Frank Berry's Michael Inside, a searing drama of crime and punishment, has won best film at the 15th Irish Film and Television Awards.
The picture premiered triumphantly at last year's Galway Film Fleadh and will go on general release shortly. It was a hotly contested year with the Iftas spread evenly throughout a range of very different projects.
Aisling Walsh won best director for the hugely moving Maudie, story of Nova Scotian painter Maud Lewis. "It's wonderful to be a female in that company," Walsh said of her fellow nominees.
Saoirse Ronan continued a happy 2018 by taking best actress for her performance in Greta Gerwig's delightful Lady Bird. Currently crossing the world for awards season, Ronan, an Oscar nominee, was not able to attend.
Best actor went to John Connors for his turn as a sympathetic hoodlum in Mark O'Connor's popular crime film Cardboard Gangsters. He cheekily thanked the Film Board before correcting himself. "Oh no, wait. The Film Board didn't fund us," he said. "They turned us down. They couldn't understand our approach."
Connors received one of the noisiest standing ovations of the night. He continued: “Despite the fact that I can’t get an agent to represent me and no film-makers or casting directors will look past the fact that I’m a Traveller, this is still a huge moment for me.”
The efficient, lively ceremony, which honoured the best in domestic film and TV drama, was hosted by comic Deirdre O’Kane at the Mansion House in central Dublin.
As expected, the aftershocks from the Weinstein scandal were felt within and without. On the red carpet, Victoria Smurfit, winner of best supporting actress for The Lears, spoke frankly about the conflagrations. "I'd say the crack on set will lessen because the men will be afraid to banter with you," she told us. "That's going to be the big polarising swing. Then everyone will relax and realise it's not about a hand on the shoulder or a hand on the knee."

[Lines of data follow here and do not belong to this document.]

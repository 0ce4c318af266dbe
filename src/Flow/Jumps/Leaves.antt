-- ===== src/Flow/Jumps/Leaves.antt =====
-- The calibration of a graph whose only jumps are `return`s.
use aderyn.Prelude.{
  ℕ, Bool, true, false, ◌&&◌, none, some, List, [], ◌∷◌, ◌≡◌, refl, ◌∙◌, arith, if◌then◌else◌,
  is_some, Bool-cases, ap, inl, inr, All, contains, map,
}
use aderyn.Flow.Cfg.{Cfg, raw_successors, has_node}
use aderyn.Flow.Cfg.Edges.{edge}
use aderyn.Prelude.Leads.{Leads}
use aderyn.Flow.Reduce.Invariant.{IsReducing}
use aderyn.Flow.Jumps.{
  Sources, return_should_flow_to_end_node, calibrated, propose, calibrate_jump_statements_in_body,
}
use aderyn.Flow.Jumps.Calibrate.{assigned, calibrate-Assigned}
use aderyn.Flow.Jumps.Discover.{
  continues, breaks, returning, jump_at, Discovered, discover_jump_sources-Discovered,
}

nil_of : (xs : List ℕ) → ((k : ℕ) → contains xs k ≡ false) → xs ≡ []
nil_of [] f = refl
nil_of (x ∷ xs) f = ground (arith, f x)

module _ (g : Cfg) (end_id : ℕ) where
  returns-resolved :
      (rs : List ℕ)
      → All (λ c. is_some (calibrated g end_id c) ≡ true) (map return_should_flow_to_end_node rs)
  returns-resolved [] = tt
  returns-resolved (r ∷ rs) = (refl, returns-resolved rs)

  returns-assigned :
      (rs : List ℕ) (a : ℕ)
      → assigned g end_id (map return_should_flow_to_end_node rs) a
        ≡ (if contains rs a then some end_id else none)
  returns-assigned [] a = refl
  returns-assigned (r ∷ rs) a = elim (Bool-cases (contains rs a)) [
    | inl later ↦ rw (returns-assigned rs a, later) (ground (arith, later))
    | inr not_later ↦ rw (returns-assigned rs a, not_later) (ground (arith, not_later))
  ]

-- What the calibration makes of the `return`s that `start` leads to, and of every other node.
pub record Leaving (g : Cfg) (start end_id : ℕ) (h : Cfg) : Type 0 where
  pub nodes : h.nodes ≡ g.nodes
  pub leaves :
      (k : ℕ)
      → Leads (edge g) start k
      → jump_at returning g k ≡ true
      → raw_successors h k ≡ end_id ∷ []
  pub stays :
      (k : ℕ)
      → (Leads (edge g) start k → jump_at returning g k ≡ false)
      → raw_successors h k ≡ raw_successors g k

-- In a graph that satisfies the invariant of the reduction, where the start is a node that leads to no
-- `continue` and no `break`, `calibrate_jump_statements_in_body` returns: each `return` that the start
-- leads to has the end node as its one successor, and every other node keeps its successors, a `return`
-- that the start does not lead to among them.
pub calibrate_jump_statements_in_body-Leaving :
    (g : Cfg)
    → IsReducing g
    → (start end_id : ℕ) → has_node g start ≡ true
    → ((k : ℕ)
        → Leads (edge g) start k
        → (jump_at continues g k ≡ false) × (jump_at breaks g k ≡ false))
    → (h : Cfg) × (calibrate_jump_statements_in_body start end_id g ≡ some h)
      × Leaving g start end_id h
unfolding calibrate_jump_statements_in_body propose
calibrate_jump_statements_in_body-Leaving g i start end_id there calm =
    let (s, run, d) = discover_jump_sources-Discovered g i start there in
    let no_continue : s.continue_statements ≡ [] =
      nil_of _ (λ k. d.jumps continues k ∙ calm_at d k (λ p. (calm k p).0)) in
    let no_break : s.break_statements ≡ [] =
      nil_of _ (λ k. d.jumps breaks k ∙ calm_at d k (λ p. (calm k p).1)) in
    let (h, flows, r) =
      calibrate-Assigned (map return_should_flow_to_end_node s.return_statements) end_id g
        (returns-resolved g end_id s.return_statements) in
    (
      h,
      rw (run, no_continue, no_break) flows,
      record {
        nodes = ap (λ c. c.nodes) r.others;
        leaves = λ k p j.
            r.successors k
            ∙ rw
                (
                  returns-assigned g end_id s.return_statements k,
                  d.jumps returning k,
                  d.led_to k p,
                  j,
                )
                refl;
        stays = λ k j.
            r.successors k
            ∙ rw
                (
                  returns-assigned g end_id s.return_statements k,
                  d.jumps returning k,
                  calm_at d k j,
                )
                refl;
      },
    )
  where
    calm_at :
        {s : Sources} {p : Bool}
        → Discovered g start s
        → (k : ℕ) → (Leads (edge g) start k → p ≡ false)
        → (contains s.visited k && p) ≡ false
    calm_at {s} {p} d k f = elim (Bool-cases (contains s.visited k)) [
      | inl v ↦ rw v (f (d.only k v))
      | inr u ↦ rw u refl
    ]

O’Kane peppered her excellent monologue with references to the continuing controversies about the treatment of women in the film industry. “Good evening ladies and welcome to the 15th year of the Iftas,” she began. “If that is not enough about our women, as many as three have been nominated for best actress.”
The fact that only three actresses made it into that category has already generated some controversy. The biggest intake of breath came with O'Kane's sly dig at John Michael McDonagh. That film-maker, brother of Martin McDonagh and director of The Guard, famously said he was "not a fan of Irish movies". After noting that the Irish happily claim Martin, she quipped: "His brother, John, they can keep."
McDonagh, also detained elsewhere in awards season, won best screenplay for Three Billboard Outside Ebbing, Missouri.
Emer Reynolds, director of the much-loved The Farthest, was at the Mansion House to accept the George Morrison Award for best documentary. That film celebrates the journey of the Voyager spacecraft. "A bit like the spacecraft, this film has travelled further than we could ever have dreamed," she said.
President Michael D Higgins was on hand to present the Academy's lifetime achievement award to the Dublin actor Gabriel Byrne. "He is someone who has always been a brave and outspoken advocate for justice in its many forms," the President said.
A profoundly moved Byrne had trouble composing himself at the podium. “I’ve learned more from failure than any kind of success,” he said. “You don’t really learn anything. You just keep making mistakes and getting better.”
Fionnula Flanagan presented the "rising star" award to the talented young actor Jacob McCarthy for, among other things, his role as a young man with Asperger Syndrome in The Drummer and the Keeper. "Mum and dad, this is a token of your love," he said with the hint of choked-back tears.
Ros Hubbard, the great Irish casting director, received the Spotlight Casting Director Award at the ceremony. Hubbard has long been at the very top of her profession. Together with her husband John, she has worked on such films as the Lord of the Rings trilogy, The Hobbit, Angela's Ashes, The Mummy and the Bourne trilogy.
“I owe a huge amount to my background here,” Hubbard said. She acknowledged the efforts that President Higgins had, in previous roles, made to remodelling the Irish film industry.
“Other countries have copied the model, but we were the first, and Michael D Higgins was the one who did it.”